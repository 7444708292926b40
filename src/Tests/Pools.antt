-- ===== src/Tests/Pools.antt =====
-- Runs of the thread pool: a task is added and worker 0 takes it; a task for which there is no node.
use sweet_clib.Prelude.{ℕ, ◌≡◌, refl, true, false, not, ◌&&◌, some, ◌++◌, ◌==◌, length}
use sweet_clib.ThreadPool.{
  Pool, testing, threadpool_init, goes, peek, must_wait, tested, checked, took,
  threadpool_add_worker, lock, test, check, take, add, Reachable, start, next, holds,
  assertion_fails,
}
use sweet_clib.ThreadPool.Safety.{threadpool-Safe}

abbrev with_task : Pool ℕ
with_task = threadpool_add_worker true threadpool_init 5

abbrev taken_task : Pool ℕ
taken_task = took (checked (tested (goes with_task 0 testing (some 0)) 0) 0) 0 (some 5)

taken_task-Reachable : Reachable true taken_task
unfolding threadpool_init goes peek must_wait tested checked took threadpool_add_worker
taken_task-Reachable =
    next
      (next (next (next (next start (add 5 refl)) (lock 0 refl refl)) (test 0 refl)) (check 0 refl))
      (take 0 refl)

threadpool-Safe_example :
    (taken_task.cur_queue_size ≡ length taken_task.work_queue)
    × (taken_task.added ≡ taken_task.taken ++ taken_task.work_queue)
    × ((i : ℕ) → assertion_fails taken_task i ≡ false)
    × ((i j : ℕ)
        → (holds (taken_task.phase i) && holds (taken_task.phase j) && not (i == j)) ≡ false)
threadpool-Safe_example = threadpool-Safe taken_task taken_task-Reachable

-- Where queue_enqueue has no memory, the count goes up all the same, and the second assertion fails.
abbrev uncounted : Pool ℕ
uncounted =
    checked (tested (goes (threadpool_add_worker false threadpool_init 5) 0 testing (some 0)) 0) 0

uncounted-Reachable : Reachable false uncounted
unfolding threadpool_init goes must_wait tested checked threadpool_add_worker
uncounted-Reachable =
    next (next (next (next start (add 5 refl)) (lock 0 refl refl)) (test 0 refl)) (check 0 refl)

uncounted_fails : assertion_fails uncounted 0 ≡ true
unfolding threadpool_init goes must_wait tested checked threadpool_add_worker assertion_fails peek
uncounted_fails = refl
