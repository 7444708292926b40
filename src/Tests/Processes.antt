-- ===== src/Tests/Processes.antt =====
-- Runs of the parent of a process pool with three children.
use sweet_clib.Prelude.{
  ℕ, ◌+◌, ◌%◌, ◌<◌, ◌≡◌, refl, Bool, true, false, none, some, List, [], ◌∷◌, ◌++◌, arith, length,
  get_elem?, replicate, ◌⊎◌,
}
use sweet_clib.Linked.{ok}
use sweet_clib.Processpool.{
  in_parent, Built, processpool, Parent, parent_new, on_connection, on_events, Event, connection,
  signals, sigchld, sigterm, run_parent, all_gone,
}
use sweet_clib.Processpool.Robin.{round_from, gone_from, on_connection-cases}
use sweet_clib.Processpool.Fair.{count, on_events-fair}
use sweet_clib.Processpool.Tracked.{IsTracked, run_parent-processpool}

-- Three children, of which the first is gone, with the counter at the last.
abbrev two_left : Parent
two_left = record {
  m_pids = none ∷ some 11 ∷ some 12 ∷ [];
  sub_process_counter = 2;
  m_stop = false;
  sent = [];
  closed = [];
  killed = [];
}

abbrev three : Parent
three = record {
  m_pids = some 10 ∷ some 11 ∷ some 12 ∷ [];
  sub_process_counter = 2;
  m_stop = false;
  sent = [];
  closed = [];
  killed = [];
}

on_connection-cases_example :
    (s1 : Parent) × (left : Bool) × (on_connection two_left ≡ ok (s1, left))
    × (((m : ℕ) × (pid : ℕ) × (m < length two_left.m_pids)
          × (get_elem? two_left.m_pids (round_from two_left.m_pids two_left.sub_process_counter m)
              ≡ some (some pid))
          × (gone_from two_left.m_pids two_left.sub_process_counter 0 m ≡ true)
          × (left ≡ false)
          × (s1 ≡ record two_left {
            sub_process_counter =
                (round_from two_left.m_pids two_left.sub_process_counter m + 1)
                % length two_left.m_pids;
            sent = two_left.sent ++ round_from two_left.m_pids two_left.sub_process_counter m ∷ [];
          }))
        ⊎ (all_gone two_left.m_pids ≡ true)
          × (left ≡ true)
          × (s1 ≡ record two_left { m_stop = true }))
on_connection-cases_example = on_connection-cases two_left (record { inside = omega arith })

on_events-fair_example :
    (s1 : Parent) × (xs : List ℕ) × (on_events three (replicate 3 connection) ≡ ok s1)
    × (s1.sent ≡ three.sent ++ xs)
    × (count 0 xs ≡ 1)
    × (length xs ≡ 3)
    × (s1.sub_process_counter ≡ three.sub_process_counter)
    × (s1.m_pids ≡ three.m_pids)
    × (s1.m_stop ≡ three.m_stop)
on_events-fair_example = on_events-fair three 0 (record { inside = omega arith }) refl (omega arith)

-- Child 0 ends first, then the others, on SIGTERM.
abbrev parent_rounds : List (List Event)
parent_rounds =
    (connection ∷ signals (sigchld (10 ∷ []) ∷ []) ∷ [])
    ∷ (signals (sigterm ∷ sigchld (11 ∷ 12 ∷ []) ∷ []) ∷ [])
    ∷ []

run_parent-processpool_example :
    (b : Built) × (s : Parent) × (processpool (λ i. in_parent (10 + i)) 3 ≡ ok b)
    × (b.m_idx ≡ none)
    × (run_parent (parent_new b.m_pids) parent_rounds ≡ ok s)
    × IsTracked 3 s
run_parent-processpool_example =
    run_parent-processpool (λ i. in_parent (10 + i)) 3 parent_rounds refl refl
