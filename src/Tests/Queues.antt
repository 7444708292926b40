-- ===== src/Tests/Queues.antt =====
-- Runs of the simple pirate queue.
use sweet_clib.Prelude.{ℕ, ◌≡◌, refl, Option, none, some, List, [], ◌∷◌, ◌++◌}
use sweet_clib.Linked.{ok}
use sweet_clib.Text.{Bytes}
use sweet_clib.Spqueue.{Spqueue, unmatched, spqueue_new, loop}
use sweet_clib.Spqueue.Served.{AllSigned, addressees, loop-enrolled}
use sweet_clib.Tests.Messages.{plain_zmsg, plain_zlist}

abbrev ready : ℕ → List Bytes
ready w = (w ∷ []) ∷ [] ∷ (1 ∷ []) ∷ []

abbrev asking : List Bytes
asking = (7 ∷ []) ∷ [] ∷ (b'h' ∷ b'i' ∷ []) ∷ []

-- Two workers get ready, a client asks while a request cannot be served yet, and then one is served.
abbrev rounds_of_two : List (Option (List Bytes) × Option (List Bytes))
rounds_of_two =
    (some (ready 8), some asking) ∷ (some (ready 9), some asking) ∷ (none, some asking) ∷ []

rounds_of_two-AllSigned : AllSigned plain_zmsg (plain_zlist Bytes unmatched) rounds_of_two
rounds_of_two-AllSigned = (
  record { identity = 8 ∷ []; c = 1; f = []; fs = []; whole = refl },
  (record { identity = 9 ∷ []; c = 1; f = []; fs = []; whole = refl }, tt),
)

loop-enrolled_example :
    (s : Spqueue plain_zmsg (plain_zlist Bytes unmatched)) × (loop plain_zmsg
        (plain_zlist Bytes unmatched)
        (spqueue_new plain_zmsg (plain_zlist Bytes unmatched))
        rounds_of_two
      ≡ ok s)
    × (addressees plain_zmsg (plain_zlist Bytes unmatched) s.to_backend ++ s.workers
        ≡ (8 ∷ []) ∷ (9 ∷ []) ∷ [])
loop-enrolled_example =
    loop-enrolled plain_zmsg (plain_zlist Bytes unmatched) rounds_of_two rounds_of_two-AllSigned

What is needed: Which lines in the entries above contain "Reachable"? Pull each of them out.

Finished exercise:
  threadpool_add_worker, lock, test, check, take, add, Reachable, start, next, holds,
taken_task-Reachable : Reachable true taken_task
taken_task-Reachable =
threadpool-Safe_example = threadpool-Safe taken_task taken_task-Reachable
uncounted-Reachable : Reachable false uncounted
uncounted-Reachable =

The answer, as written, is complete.